Thursday, March 15, 2018

SINGAPORE SMALL BUSINESSES CONFIDENT IN 2018

SINGAPORE, Mar. 15, 2018/Medianet International-AsiaNet/ --

Small businesses in Singapore are showing a strong pick-up in confidence in 2018, according to a new survey released today.

The findings, from CPA Australia's eighth annual Asia-Pacific Small Business Survey, follow extensive surveying of nearly 3,000 small business operators in Malaysia, Vietnam, Indonesia, Hong Kong, Singapore, Australia, New Zealand and Mainland China.

CPA Australia's Head of Policy, Paul Drum FCPA said the outlook for 2018 is strong, with 57.0 per cent of businesses expecting to grow, even as Singapore's small businesses experienced weaker growth in 2017.

"While 2017 saw the lowest number of Singapore small businesses that reported growing since 2014, many expressed a high level of confidence in the Singapore economy and in their own growth prospects for 2018.

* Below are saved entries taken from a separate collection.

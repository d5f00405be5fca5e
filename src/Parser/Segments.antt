-- ===== src/Parser/Segments.antt =====
-- `readSegment` and `skipSegment` of parser.go. Each loop takes fuel; `none` means that it ran out.
use edifact_parser.Base.{
  ℕ, zero, suc, Option, none, some, List, [], ◌∷◌, ◌++◌, Bytes, if◌then◌else◌,
}
use edifact_parser.Token.{
  TokenType, segment_tag, data_element, component, segment_end, end_of_input, is_segment_tag_type,
}
use edifact_parser.Parser.State.{Parser, Segment, advance, add_error, unexpected_token}

-- The element under construction, `none` where Go has a nil slice.
abbrev pub Element : Type 0
Element = Option (List Bytes)

abbrev pub close : Element → Segment → Segment
close none seg = seg
close (some e) seg = record seg { data_elements = seg.data_elements ++ e ∷ [] }

abbrev pub opened : Element → List Bytes
opened none = []
opened (some e) = e

abbrev Loop : Type 0
Loop = Parser → Segment → Element → Option (Segment × Parser)

-- One round of the loop: the `switch`, with the loop's condition as its case of end of input.
unfoldable pub read_round : Loop → TokenType → Loop
read_round again end_of_input p seg element = some (close element seg, p)
read_round again data_element p seg element =
    again (advance p) (close element seg) (some (p.current_token.value ∷ []))
read_round again component p seg element =
    again (advance p) seg (some (opened element ++ p.current_token.value ∷ []))
read_round again segment_end p seg element = some (close element seg, advance p)
read_round again segment_tag p seg element = some (close element seg, p)
read_round again kind p seg element =
    again
      (advance (
        add_error p p.current_token.line p.current_token.column
          (unexpected_token p.current_token.kind seg.tag)))
      seg element

unfoldable pub read_loop : ℕ → Loop
read_loop zero p seg element = none
read_loop (suc n) p seg element = read_round (read_loop n) p.current_token.kind p seg element

unfoldable pub read_segment : ℕ → Parser → Option (Segment × Parser)
unfolding read_loop read_round
read_segment n p =
    let seg : Segment = record {
      tag = [];
      data_elements = [];
      line = p.current_token.line;
      column = p.current_token.column;
    } in
    if is_segment_tag_type p.current_token.kind
    then read_loop n (advance p) (record seg { tag = p.current_token.value }) none
    else read_loop n p seg none

unfoldable pub skip_round : (Parser → Option Parser) → TokenType → Parser → Option Parser
skip_round again end_of_input p = some p
skip_round again segment_end p = some (advance p)
skip_round again kind p = again (advance p)

unfoldable pub skip_segment : ℕ → Parser → Option Parser
unfolding skip_round
skip_segment zero p = none
skip_segment (suc n) p = skip_round (skip_segment n) p.current_token.kind p
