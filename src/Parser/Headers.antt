-- ===== src/Parser/Headers.antt =====
-- `parseUNB` and `parseUNZ` of parser.go: the interchange header and trailer.
use edifact_parser.Base.{
  ℕ, Bool, true, not, Option, none, some, List, [], ◌∷◌, ◌++◌, Bytes, length, leb, ltb, get_or,
  bytes_eq, ◌==◌, if◌then◌else◌, ◌>>=◌,
}
use edifact_parser.Parser.State.{
  ℤ, pos, negsuc, Stdlib, invalid_unb, invalid_unz, invalid_date_time, empty_sender, empty_receiver,
  empty_reference, mismatched_message_count, mismatched_reference, ParseError, ParseResult, Segment,
  Parser, add_error, combined_error, component_or, require,
}
use edifact_parser.Parser.Segments.{read_segment}

abbrev pub unb_min_data_elements : ℕ
unb_min_data_elements = 5

abbrev pub unz_min_data_elements : ℕ
unz_min_data_elements = 2

-- A returned error, the result as far as it is filled, and the parser.
abbrev pub HeaderResult : Type 0
HeaderResult = (Option (List ParseError) × ParseResult) × Parser

-- Data elements 2 and 3: sender and receiver.
unfoldable pub unb_parties : Segment → ParseResult → ParseResult
unb_parties seg result =
    let sender = get_or seg.data_elements 1 [] in
    let receiver = get_or seg.data_elements 2 [] in
    record result {
      sender_id = component_or sender 0 result.sender_id;
      sender_qualifier = component_or sender 1 result.sender_qualifier;
      receiver_id = component_or receiver 0 result.receiver_id;
      receiver_qualifier = component_or receiver 1 result.receiver_qualifier;
    }

unfoldable pub unb_required : Segment → ParseResult → Parser → Parser
unb_required seg result p =
    require result.reference seg empty_reference
      (require result.receiver_id seg empty_receiver (require result.sender_id seg empty_sender p))

-- `count != len(result.Messages)`
unfoldable pub differs : ℤ → ℕ → Bool
differs (pos k) n = not (k == n)
differs (negsuc _) n = true

-- Data element 2: the reference.
unfoldable pub unz_reference : Segment → List Bytes → ParseResult → Parser → Parser
unz_reference seg [] result p = p
unz_reference seg (text ∷ _) result p =
    if not (bytes_eq text result.reference)
    then add_error p seg.line seg.column (mismatched_reference result.reference text)
    else p

module _ (std : Stdlib) where
  -- Data element 4: date and time.
  unfoldable pub unb_date : Segment → List Bytes → ParseResult → Parser → ParseResult × Parser
  unb_date seg e result p =
      if leb 2 (length e)
      then (let date = get_or e 0 [] ++ (b':' ∷ get_or e 1 []) in
          elim (std.time_parse date) [
            | none ↦ (result, add_error p seg.line seg.column (invalid_date_time date))
            | some t ↦ (record result { prepared_at = t }, p)
          ])
      else (result, p)

  unfoldable pub unb_elements : Segment → ParseResult → Parser → HeaderResult
  unfolding unb_date unb_parties unb_required
  unb_elements seg result p =
      let (dated, q) = unb_date seg (get_or seg.data_elements 3 []) (unb_parties seg result) p in
      let final = record dated {
        reference = component_or (get_or seg.data_elements 4 []) 0 dated.reference;
      } in
      let checked = unb_required seg final q in ((combined_error checked, final), checked)

  unfoldable pub parse_unb : ℕ → ParseResult → Parser → Option HeaderResult
  unfolding unb_elements
  parse_unb n result p = do
    (seg, q) ← read_segment n p
    some (
        if ltb (length seg.data_elements) unb_min_data_elements
        then (let failed =
              add_error q seg.line seg.column (invalid_unb (length seg.data_elements)) in
            ((combined_error failed, result), failed))
        else unb_elements seg result q)

  -- Data element 1: the count. A text that is no number passes.
  unfoldable pub unz_count : Segment → List Bytes → ParseResult → Parser → Parser
  unfolding differs
  unz_count seg [] result p = p
  unz_count seg (text ∷ _) result p = elim (std.scan_int text) [
    | none ↦ p
    | some count ↦
        if differs count (length result.messages)
        then add_error p seg.line seg.column
            (mismatched_message_count count (length result.messages))
        else p
  ]

  unfoldable pub parse_unz : ℕ → ParseResult → Parser → Option (Option (List ParseError) × Parser)
  unfolding unz_count unz_reference
  parse_unz n result p = do
    (seg, q) ← read_segment n p
    let counted = unz_count seg (get_or seg.data_elements 0 []) result q
    let checked = unz_reference seg (get_or seg.data_elements 1 []) result counted
    let failed = add_error q seg.line seg.column (invalid_unz (length seg.data_elements))
    some (
        if ltb (length seg.data_elements) unz_min_data_elements
        then (combined_error failed, failed)
        else (combined_error checked, checked))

"Fifty-seven per cent of small businesses in Singapore are expecting to grow in 2018, the best result for Singapore since the 2012 survey" Mr Drum said.

The survey results again showed that businesses that are applying digital technologies in their business are significantly more likely to be growing strongly than businesses that are not.

In comparison to Australia and New Zealand, Singapore's small business sector is more digitally capable, with a significant majority using social media for business purposes, and nearly four in ten businesses earning more than ten per cent of their income from online sales.

"Singapore's small businesses could, however, benefit from a stronger focus on new digital payment options, such as AliPay, ApplePay and WeChat Pay. Only 30.2 per cent allow customers to pay through this technology, well below China (65.5 per cent) and the survey average (42.7 per cent).

"With Singapore's excellent communications infrastructure and world-leading support for small businesses, we expect Singapore's small businesses to move quickly to invest in new payment technologies.

"The results show investments into new technologies are likely to have a fairly quick and positive impact on the bottom line of many small businesses. 35.1 per cent of Singapore respondents that invested in technology in 2017 stated that such an investment has already resulted in improvements in profitability," Mr Drum said.